### [Exercise details]
When you reach the line containing "(attempts : has_attempts it ≡ true) where" in the records below, start copying exactly, and stop once you have copied the line containing "-- given or".

### [Extracted records]
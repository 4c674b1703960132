-- ===== src/Coordinator/Retry.antt =====
-- What `failWorkItem` does with an item that has attempts left
-- (source/services/Ultravisor-Beacon-Coordinator.cjs).
use ultravisor.Base.{
  ℕ, suc, ◌+◌, ◌-◌, ◌*◌, ◌==◌, ◌<◌, ◌≤◌, leb, or_num, if◌then◌else◌, true, false, none, some, ◌≡◌,
  refl, arith, length,
}
use ultravisor.Base.Dict.{lookup, lookup-modify}
use ultravisor.Work.{Text, WorkItem, Beacon, retry_scheduled, unknown_error}
use ultravisor.Coordinator.State.{Env, Coordinator}
use ultravisor.Coordinator.Routing.{remove_from_beacon}
use ultravisor.Coordinator.Poll.{poll_for_work}
use ultravisor.Coordinator.Finish.{
  done, is_finalized, has_attempts, schedule_retry, retry_item, fail_work_item,
}
use ultravisor.Coordinator.Timeouts.{is_due}

module _ (env : Env) (h message : Text) (it : WorkItem) (c : Coordinator)
    (found : lookup h c.queue ≡ some it) (open_item : is_finalized it.status ≡ false)
    (attempts : has_attempts it ≡ true) where
  fail_is_retry : fail_work_item env h message c ≡ retry_item env h message it c
  unfolding fail_work_item
  fail_is_retry = rw (found, fail_work_item) (rw (open_item, attempts))

  -- A failure of an item that is not final and has attempts left is answered without an error. The
  -- item waits for its retry, without a beacon and with one attempt more, under the message that was
  -- given or "Unknown error"; every other item is as it was. A pass finds the item due for its retry
  -- exactly from the backoff times the number of attempts on. No beacon changes, so that the slot
  -- that the item took is not freed, which is a defect.
  pub fail-retry :
      let r = fail_work_item env h message c in
      (r.1 ≡ done)
      × ((k : Text)
          → lookup k r.0.queue ≡ (
              if h == k
              then some (record it {
                attempt_number = suc it.attempt_number;
                last_error = or_num message unknown_error;
                status = retry_scheduled;
                retry_after = some (env.now + it.retry_backoff_ms * suc it.attempt_number);
                claimed_at = none;
                assigned_beacon = none;
              })
              else lookup k c.queue))
      × ((later : ℕ) (i : WorkItem)
          → lookup h r.0.queue ≡ some i
          → is_due later i ≡ leb (env.now + it.retry_backoff_ms * suc it.attempt_number) later)
      × (r.0.beacons ≡ c.beacons)
  unfolding retry_item schedule_retry remove_from_beacon is_due
  fail-retry = rw fail_is_retry (
    refl,
    (λ k. ground (arith, lookup-modify h k (schedule_retry env.now message) c.queue)),
    (λ later i e. ground (arith, lookup-modify h h (schedule_retry env.now message) c.queue)),
    refl,
  )

  -- A beacon that was full when one of its items failed with attempts left stays full: its next
  -- poll gets nothing.
  pub poll-fail_retry :
      (b : Text) (bcn : Beacon) (later : Env)
      → lookup b c.beacons ≡ some bcn
      → bcn.max_concurrent ≤ length bcn.current
      → (poll_for_work later b (fail_work_item env h message c).0).1 ≡ none
  unfolding poll_for_work
  poll-fail_retry b bcn later there full = ground (arith, fail-retry)

-- Attempts left to the item, as `failWorkItem` counts them.
unfoldable pub attempts_left : Text → Coordinator → ℕ
attempts_left h c = elim (lookup h c.queue) [
  | none ↦ 0
  | some it ↦ it.max_attempts - 1 - it.attempt_number
]

-- The failure of an item that is not final and has attempts left leaves it with fewer attempts.
pub attempts_left-fail_retry :
    (env : Env) (h message : Text) (it : WorkItem) (c : Coordinator)
    → lookup h c.queue ≡ some it
    → is_finalized it.status ≡ false
    → has_attempts it ≡ true
    → attempts_left h (fail_work_item env h message c).0 < attempts_left h c
unfolding attempts_left schedule_retry
attempts_left-fail_retry env h message it c found open_item attempts =
    ground (arith, (fail-retry env h message it c found open_item attempts).1 h)
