-- ===== src/Defaults/Caching.antt =====
-- What a resolution answers (source/services/Ultravisor-Beacon-ActionDefaults.cjs).
use ultravisor.Base.{ℕ, ◌+◌, ◌<◌, ◌≤◌, Option, none, some, ◌≡◌, refl, arith}
use ultravisor.Base.Dict.{Dict, lookup, lookup-insert}
use ultravisor.Work.{Text}
use ultravisor.Defaults.Resolve.{
  Row, Legacy, CacheEntry, is_fresh, resolve, resolve_row, wildcard_row, invalidate,
}

wildcard_row-specific :
    (get_row : Text → Text → Option Row) (cap action : Text) (r : Row)
    → get_row cap action ≡ some r
    → wildcard_row get_row cap action ≡ none
unfolding wildcard_row
wildcard_row-specific get_row cap action r e = rw (e, wildcard_row) refl

-- Where an action has a row of its own, the rest of the table has no influence on what is resolved
-- for it: not on a field that the row leaves empty either, for which the capability's wildcard row
-- is not read.
pub resolve_row-specific :
    (get_row other : Text → Text → Option Row) (legacy : Legacy) (cap action : Text) (r : Row)
    → get_row cap action ≡ some r
    → other cap action ≡ some r
    → resolve_row get_row legacy cap action ≡ resolve_row other legacy cap action
unfolding resolve_row
resolve_row-specific get_row other legacy cap action r e f =
    rw
      (
        e,
        wildcard_row-specific get_row cap action r e,
        f,
        wildcard_row-specific other cap action r f,
      )
      refl

-- A resolution that was not cached is kept for ten seconds. Until they have passed, the same action
-- resolves to the same value and leaves the cache as it is, whatever the table and the settings say
-- by then; from then on it resolves to what they say, and so it does at any time after `invalidate`.
pub resolve-invalidate :
    (cache_key : Text → Text → Text) (get_row changed : Text → Text → Option Row)
    (legacy legacy_changed : Legacy) (now later cap action : ℕ) (cache : Dict CacheEntry)
    → lookup (cache_key cap action) cache ≡ none
    → let kept = resolve cache_key get_row legacy now cap action cache in
      let again = resolve cache_key changed legacy_changed later cap action in
      (later < now + 10000 → again kept.0 ≡ kept)
      × (now + 10000 ≤ later → (again kept.0).1 ≡ resolve_row changed legacy_changed cap action)
      × ((again (invalidate kept.0)).1 ≡ resolve_row changed legacy_changed cap action)
unfolding resolve is_fresh invalidate lookup
resolve-invalidate cache_key get_row changed legacy legacy_changed now later cap action cache e =
    let entry : CacheEntry = record { at = now; value = resolve_row get_row legacy cap action } in
    let there = lookup-insert (cache_key cap action) (cache_key cap action) entry cache in
    ((λ near. ground (arith, e, there)), (λ far. ground (arith, e, there)), refl)
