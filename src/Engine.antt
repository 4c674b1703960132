-- ===== src/Engine.antt =====
-- The graph executor (source/services/Ultravisor-ExecutionEngine.cjs) with the parts of
-- source/services/Ultravisor-ExecutionManifest.cjs and source/services/Ultravisor-OutputStore.cjs
-- that keep a run's records.
pub mod Names
pub mod Graph
pub mod Context
pub mod Execute
pub mod Rollup
pub mod Runs
pub mod Resume
pub mod Checkpoint
pub mod Weights
pub mod Termination
pub mod Frame
pub mod Kept
pub mod Outcome
pub mod Failure
pub mod Connections
pub mod Reach
pub mod Reached
pub mod Totality
pub mod Settled
pub mod Invariant
pub mod Steps
pub mod Failed
pub mod Retries
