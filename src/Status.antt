-- ===== src/Status.antt =====
-- The statuses of an operation's run (source/services/Ultravisor-Status.cjs): the canonical names,
-- the older names that are read as one of them, and any other text.
use ultravisor.Base.{ℕ, ◌+◌, ◌==◌, Bool, true, false}
use ultravisor.Work.{Text}

pub data RunStatus : Type 0 where
  queued in_progress waiting error complete stalled failed abandoned retrying : RunStatus
  -- 'Pending', 'Running', 'WaitingForInput', 'Completed'
  old_pending old_running old_waiting old_completed : RunStatus
  other_status : Text → RunStatus

unfoldable pub normalize : RunStatus → RunStatus
normalize old_pending = queued
normalize old_running = in_progress
normalize old_waiting = waiting
normalize old_completed = complete
normalize s = s

-- `===` on two statuses. An empty status is `other_status 0`.
unfoldable pub status_code : RunStatus → ℕ
status_code queued = 0
status_code in_progress = 1
status_code waiting = 2
status_code error = 3
status_code complete = 4
status_code stalled = 5
status_code failed = 6
status_code abandoned = 7
status_code retrying = 8
status_code old_pending = 9
status_code old_running = 10
status_code old_waiting = 11
status_code old_completed = 12
status_code (other_status t) = 13 + t

unfoldable pub equals : RunStatus → RunStatus → Bool
unfolding normalize status_code
equals a b = status_code (normalize a) == status_code (normalize b)

abbrev pub in_terminal_set : RunStatus → Bool
in_terminal_set complete = true
in_terminal_set error = true
in_terminal_set failed = true
in_terminal_set stalled = true
in_terminal_set abandoned = true
in_terminal_set _ = false

unfoldable pub is_terminal_run : RunStatus → Bool
unfolding normalize
is_terminal_run s = in_terminal_set (normalize s)

unfoldable pub is_waiting : RunStatus → Bool
unfolding normalize status_code
is_waiting s = status_code (normalize s) == 2

unfoldable pub is_in_progress : RunStatus → Bool
unfolding normalize status_code
is_in_progress s = status_code (normalize s) == 1

unfoldable pub is_queued : RunStatus → Bool
unfolding normalize status_code
is_queued s = status_code (normalize s) == 0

### [Task response]
    (attempts : has_attempts it ≡ true) where
  fail_is_retry : fail_work_item env h message c ≡ retry_item env h message it c
  unfolding fail_work_item
  fail_is_retry = rw (found, fail_work_item) (rw (open_item, attempts))

  -- A failure of an item that is not final and has attempts left is answered without an error. The
  -- item waits for its retry, without a beacon and with one attempt more, under the message that was
  -- given or "Unknown error"; every other item is as it was. A pass finds the item due for its retry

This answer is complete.